EXERCISE DIRECTIONS >> The answer should match the records character for character.

####################

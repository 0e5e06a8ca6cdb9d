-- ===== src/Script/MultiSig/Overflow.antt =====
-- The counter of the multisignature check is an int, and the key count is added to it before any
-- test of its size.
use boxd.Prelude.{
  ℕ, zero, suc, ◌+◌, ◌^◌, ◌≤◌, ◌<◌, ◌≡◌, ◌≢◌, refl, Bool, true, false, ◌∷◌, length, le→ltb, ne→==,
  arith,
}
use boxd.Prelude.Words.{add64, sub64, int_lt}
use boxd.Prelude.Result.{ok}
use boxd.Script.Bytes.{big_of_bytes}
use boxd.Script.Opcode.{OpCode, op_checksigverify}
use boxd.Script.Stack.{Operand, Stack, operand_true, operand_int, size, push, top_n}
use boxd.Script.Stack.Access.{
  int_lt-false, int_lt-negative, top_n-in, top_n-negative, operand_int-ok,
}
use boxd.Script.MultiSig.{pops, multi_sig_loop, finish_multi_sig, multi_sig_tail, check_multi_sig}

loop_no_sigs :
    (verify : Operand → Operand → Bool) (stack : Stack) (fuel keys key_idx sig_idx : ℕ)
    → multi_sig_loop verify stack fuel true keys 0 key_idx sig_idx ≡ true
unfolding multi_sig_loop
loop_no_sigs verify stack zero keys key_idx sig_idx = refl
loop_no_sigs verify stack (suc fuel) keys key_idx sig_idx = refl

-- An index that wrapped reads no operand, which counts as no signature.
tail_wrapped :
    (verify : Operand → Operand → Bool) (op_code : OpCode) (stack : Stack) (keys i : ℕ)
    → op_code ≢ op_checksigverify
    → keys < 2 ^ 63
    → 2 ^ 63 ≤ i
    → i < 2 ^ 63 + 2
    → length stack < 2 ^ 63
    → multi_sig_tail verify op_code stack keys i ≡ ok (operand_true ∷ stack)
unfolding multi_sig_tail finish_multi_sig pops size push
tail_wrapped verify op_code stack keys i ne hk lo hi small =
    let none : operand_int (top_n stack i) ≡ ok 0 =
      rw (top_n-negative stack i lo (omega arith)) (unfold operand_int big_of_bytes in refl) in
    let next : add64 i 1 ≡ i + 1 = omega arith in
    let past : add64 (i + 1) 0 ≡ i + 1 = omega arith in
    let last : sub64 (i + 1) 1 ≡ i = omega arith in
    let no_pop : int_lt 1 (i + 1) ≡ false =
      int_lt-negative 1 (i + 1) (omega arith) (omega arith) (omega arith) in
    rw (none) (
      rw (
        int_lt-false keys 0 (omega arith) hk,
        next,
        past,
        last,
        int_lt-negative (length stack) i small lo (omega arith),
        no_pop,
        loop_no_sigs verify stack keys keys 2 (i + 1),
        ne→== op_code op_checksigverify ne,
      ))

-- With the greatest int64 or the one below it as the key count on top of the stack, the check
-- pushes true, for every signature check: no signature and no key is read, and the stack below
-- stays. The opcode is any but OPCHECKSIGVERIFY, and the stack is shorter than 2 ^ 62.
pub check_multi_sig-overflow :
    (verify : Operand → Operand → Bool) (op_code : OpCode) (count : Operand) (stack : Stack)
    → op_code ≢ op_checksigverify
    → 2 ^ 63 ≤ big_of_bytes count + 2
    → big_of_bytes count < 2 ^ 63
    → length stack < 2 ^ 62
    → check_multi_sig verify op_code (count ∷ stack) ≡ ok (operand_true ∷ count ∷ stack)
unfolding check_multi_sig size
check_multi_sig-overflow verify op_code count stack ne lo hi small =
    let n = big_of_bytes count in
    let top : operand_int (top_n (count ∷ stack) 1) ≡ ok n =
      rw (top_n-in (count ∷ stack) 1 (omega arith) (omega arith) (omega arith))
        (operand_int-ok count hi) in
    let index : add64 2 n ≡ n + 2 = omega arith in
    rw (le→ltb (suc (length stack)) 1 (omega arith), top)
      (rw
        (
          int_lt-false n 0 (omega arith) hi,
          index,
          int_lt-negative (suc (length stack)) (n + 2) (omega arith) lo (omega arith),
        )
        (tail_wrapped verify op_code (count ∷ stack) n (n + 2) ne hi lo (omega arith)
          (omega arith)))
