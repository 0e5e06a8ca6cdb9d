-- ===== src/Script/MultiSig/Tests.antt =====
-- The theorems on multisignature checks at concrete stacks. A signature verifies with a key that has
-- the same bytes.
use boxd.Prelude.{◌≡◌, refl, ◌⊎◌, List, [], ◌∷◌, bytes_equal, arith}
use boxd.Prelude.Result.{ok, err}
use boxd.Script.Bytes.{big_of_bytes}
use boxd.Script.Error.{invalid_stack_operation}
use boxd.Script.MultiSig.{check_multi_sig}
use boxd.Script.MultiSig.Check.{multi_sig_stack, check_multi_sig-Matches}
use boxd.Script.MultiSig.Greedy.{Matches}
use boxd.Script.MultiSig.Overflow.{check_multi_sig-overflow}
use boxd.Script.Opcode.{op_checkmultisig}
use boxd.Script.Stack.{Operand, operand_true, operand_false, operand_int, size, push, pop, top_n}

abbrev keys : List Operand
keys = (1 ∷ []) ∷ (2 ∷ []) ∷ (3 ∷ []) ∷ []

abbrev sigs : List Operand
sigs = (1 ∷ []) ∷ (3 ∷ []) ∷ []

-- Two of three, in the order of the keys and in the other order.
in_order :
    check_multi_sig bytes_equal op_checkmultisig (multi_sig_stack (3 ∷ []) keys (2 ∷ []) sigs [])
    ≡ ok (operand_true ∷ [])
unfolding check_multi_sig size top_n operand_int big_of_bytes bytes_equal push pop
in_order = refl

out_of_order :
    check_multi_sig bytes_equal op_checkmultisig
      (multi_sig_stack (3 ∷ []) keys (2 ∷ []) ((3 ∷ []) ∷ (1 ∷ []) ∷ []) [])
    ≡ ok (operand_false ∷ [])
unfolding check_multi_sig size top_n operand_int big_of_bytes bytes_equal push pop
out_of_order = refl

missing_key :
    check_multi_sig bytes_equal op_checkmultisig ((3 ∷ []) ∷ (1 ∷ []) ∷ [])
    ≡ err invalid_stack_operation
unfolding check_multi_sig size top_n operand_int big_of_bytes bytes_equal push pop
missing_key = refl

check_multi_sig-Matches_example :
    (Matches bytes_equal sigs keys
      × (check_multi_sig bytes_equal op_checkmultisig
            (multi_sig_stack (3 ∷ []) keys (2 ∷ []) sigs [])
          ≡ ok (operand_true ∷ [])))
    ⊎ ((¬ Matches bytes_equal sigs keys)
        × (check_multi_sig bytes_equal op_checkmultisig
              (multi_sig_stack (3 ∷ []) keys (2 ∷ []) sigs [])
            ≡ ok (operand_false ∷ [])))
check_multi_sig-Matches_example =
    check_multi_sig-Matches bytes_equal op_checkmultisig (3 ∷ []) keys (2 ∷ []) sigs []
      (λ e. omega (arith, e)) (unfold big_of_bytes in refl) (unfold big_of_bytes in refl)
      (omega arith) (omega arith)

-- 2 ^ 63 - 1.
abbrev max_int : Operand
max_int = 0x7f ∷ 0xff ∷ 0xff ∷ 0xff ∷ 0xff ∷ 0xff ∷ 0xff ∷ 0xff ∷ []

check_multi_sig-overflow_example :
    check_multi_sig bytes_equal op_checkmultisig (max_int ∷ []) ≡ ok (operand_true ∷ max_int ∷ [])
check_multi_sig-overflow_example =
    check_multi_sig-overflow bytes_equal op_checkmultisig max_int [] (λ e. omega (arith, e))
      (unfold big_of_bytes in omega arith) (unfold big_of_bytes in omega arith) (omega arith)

####################

FINISHED TASK >>
repository 0e5e06a8ca6cdb9d
-- ===== src/Script/MultiSig/Overflow.antt =====
-- The counter of the multisignature check is an int, and the key count is added to it before any
-- test of its size.
use boxd.Prelude.{
  ℕ, zero, suc, ◌+◌, ◌^◌, ◌≤◌, ◌<◌, ◌≡◌, ◌≢◌, refl, Bool, true, false, ◌∷◌, length, le→ltb, ne→==,
  arith,
}
use boxd.Prelude.Words.{add64, sub64, int_lt}
use boxd.Prelude.Result.{ok}
use boxd.Script.Bytes.{big_of_bytes}
use boxd.Script.Opcode.{OpCode, op_checksigverify}
use boxd.Script.Stack.{Operand, Stack, operand_true, operand_int, size, push, top_n}
use boxd.Script.Stack.Access.{
  int_lt-false, int_lt-negative, top_n-in, top_n-negative, operand_int-ok,
}
use boxd.Script.MultiSig.{pops, multi_sig_loop, finish_multi_sig, multi_sig_tail, check_multi_sig}

loop_no_sigs :
    (verify : Operand → Operand → Bool) (stack : Stack) (fuel keys key_idx sig_idx : ℕ)
    → multi_sig_loop verify stack fuel true keys 0 key_idx sig_idx ≡ true
unfolding multi_sig_loop
loop_no_sigs verify stack zero keys key_idx sig_idx = refl
loop_no_sigs verify stack (suc fuel) keys key_idx sig_idx = refl

-- An index that wrapped reads no operand, which counts as no signature.
tail_wrapped :
    (verify : Operand → Operand → Bool) (op_code : OpCode) (stack : Stack) (keys i : ℕ)
    → op_code ≢ op_checksigverify
    → keys < 2 ^ 63
    → 2 ^ 63 ≤ i
    → i < 2 ^ 63 + 2
    → length stack < 2 ^ 63
    → multi_sig_tail verify op_code stack keys i ≡ ok (operand_true ∷ stack)
unfolding multi_sig_tail finish_multi_sig pops size push
tail_wrapped verify op_code stack keys i ne hk lo hi small =
    let none : operand_int (top_n stack i) ≡ ok 0 =
      rw (top_n-negative stack i lo (omega arith)) (unfold operand_int big_of_bytes in refl) in
    let next : add64 i 1 ≡ i + 1 = omega arith in
    let past : add64 (i + 1) 0 ≡ i + 1 = omega arith in
    let last : sub64 (i + 1) 1 ≡ i = omega arith in
    let no_pop : int_lt 1 (i + 1) ≡ false =
      int_lt-negative 1 (i + 1) (omega arith) (omega arith) (omega arith) in
    rw (none) (
      rw (
        int_lt-false keys 0 (omega arith) hk,
        next,
        past,
        last,
        int_lt-negative (length stack) i small lo (omega arith),
        no_pop,
        loop_no_sigs verify stack keys keys 2 (i + 1),
        ne→== op_code op_checksigverify ne,
      ))

-- With the greatest int64 or the one below it as the key count on top of the stack, the check
-- pushes true, for every signature check: no signature and no key is read, and the stack below
-- stays. The opcode is any but OPCHECKSIGVERIFY, and the stack is shorter than 2 ^ 62.
pub check_multi_sig-overflow :
    (verify : Operand → Operand → Bool) (op_code : OpCode) (count : Operand) (stack : Stack)
    → op_code ≢ op_checksigverify
    → 2 ^ 63 ≤ big_of_bytes count + 2
    → big_of_bytes count < 2 ^ 63
    → length stack < 2 ^ 62
    → check_multi_sig verify op_code (count ∷ stack) ≡ ok (operand_true ∷ count ∷ stack)
unfolding check_multi_sig size
check_multi_sig-overflow verify op_code count stack ne lo hi small =
    let n = big_of_bytes count in
    let top : operand_int (top_n (count ∷ stack) 1) ≡ ok n =
      rw (top_n-in (count ∷ stack) 1 (omega arith) (omega arith) (omega arith))
        (operand_int-ok count hi) in
    let index : add64 2 n ≡ n + 2 = omega arith in
    rw (le→ltb (suc (length stack)) 1 (omega arith), top)
      (rw
        (
          int_lt-false n 0 (omega arith) hi,
          index,
          int_lt-negative (suc (length stack)) (n + 2) (omega arith) lo (omega arith),
        )
        (tail_wrapped verify op_code (count ∷ stack) n (n + 2) ne hi lo (omega arith)
          (omega arith)))
repository 0e5e06a8ca6cdb9d
-- ===== src/Script/MultiSig/Tests.antt =====
-- The theorems on multisignature checks at concrete stacks. A signature verifies with a key that has
-- the same bytes.
use boxd.Prelude.{◌≡◌, refl, ◌⊎◌, List, [], ◌∷◌, bytes_equal, arith}
use boxd.Prelude.Result.{ok, err}
use boxd.Script.Bytes.{big_of_bytes}
use boxd.Script.Error.{invalid_stack_operation}
use boxd.Script.MultiSig.{check_multi_sig}
use boxd.Script.MultiSig.Check.{multi_sig_stack, check_multi_sig-Matches}
use boxd.Script.MultiSig.Greedy.{Matches}
use boxd.Script.MultiSig.Overflow.{check_multi_sig-overflow}
use boxd.Script.Opcode.{op_checkmultisig}
use boxd.Script.Stack.{Operand, operand_true, operand_false, operand_int, size, push, pop, top_n}

abbrev keys : List Operand
keys = (1 ∷ []) ∷ (2 ∷ []) ∷ (3 ∷ []) ∷ []

abbrev sigs : List Operand
sigs = (1 ∷ []) ∷ (3 ∷ []) ∷ []

-- Two of three, in the order of the keys and in the other order.
in_order :
    check_multi_sig bytes_equal op_checkmultisig (multi_sig_stack (3 ∷ []) keys (2 ∷ []) sigs [])
    ≡ ok (operand_true ∷ [])
unfolding check_multi_sig size top_n operand_int big_of_bytes bytes_equal push pop
in_order = refl

out_of_order :
    check_multi_sig bytes_equal op_checkmultisig
      (multi_sig_stack (3 ∷ []) keys (2 ∷ []) ((3 ∷ []) ∷ (1 ∷ []) ∷ []) [])
    ≡ ok (operand_false ∷ [])
unfolding check_multi_sig size top_n operand_int big_of_bytes bytes_equal push pop
out_of_order = refl

missing_key :
    check_multi_sig bytes_equal op_checkmultisig ((3 ∷ []) ∷ (1 ∷ []) ∷ [])
    ≡ err invalid_stack_operation
unfolding check_multi_sig size top_n operand_int big_of_bytes bytes_equal push pop
missing_key = refl

check_multi_sig-Matches_example :
    (Matches bytes_equal sigs keys
      × (check_multi_sig bytes_equal op_checkmultisig
            (multi_sig_stack (3 ∷ []) keys (2 ∷ []) sigs [])
          ≡ ok (operand_true ∷ [])))
    ⊎ ((¬ Matches bytes_equal sigs keys)
        × (check_multi_sig bytes_equal op_checkmultisig
              (multi_sig_stack (3 ∷ []) keys (2 ∷ []) sigs [])
            ≡ ok (operand_false ∷ [])))
check_multi_sig-Matches_example =
    check_multi_sig-Matches bytes_equal op_checkmultisig (3 ∷ []) keys (2 ∷ []) sigs []
      (λ e. omega (arith, e)) (unfold big_of_bytes in refl) (unfold big_of_bytes in refl)
      (omega arith) (omega arith)

-- 2 ^ 63 - 1.
abbrev max_int : Operand
max_int = 0x7f ∷ 0xff ∷ 0xff ∷ 0xff ∷ 0xff ∷ 0xff ∷ 0xff ∷ 0xff ∷ []

check_multi_sig-overflow_example :
    check_multi_sig bytes_equal op_checkmultisig (max_int ∷ []) ≡ ok (operand_true ∷ max_int ∷ [])
check_multi_sig-overflow_example =
    check_multi_sig-overflow bytes_equal op_checkmultisig max_int [] (λ e. omega (arith, e))
      (unfold big_of_bytes in omega arith) (unfold big_of_bytes in omega arith) (omega arith)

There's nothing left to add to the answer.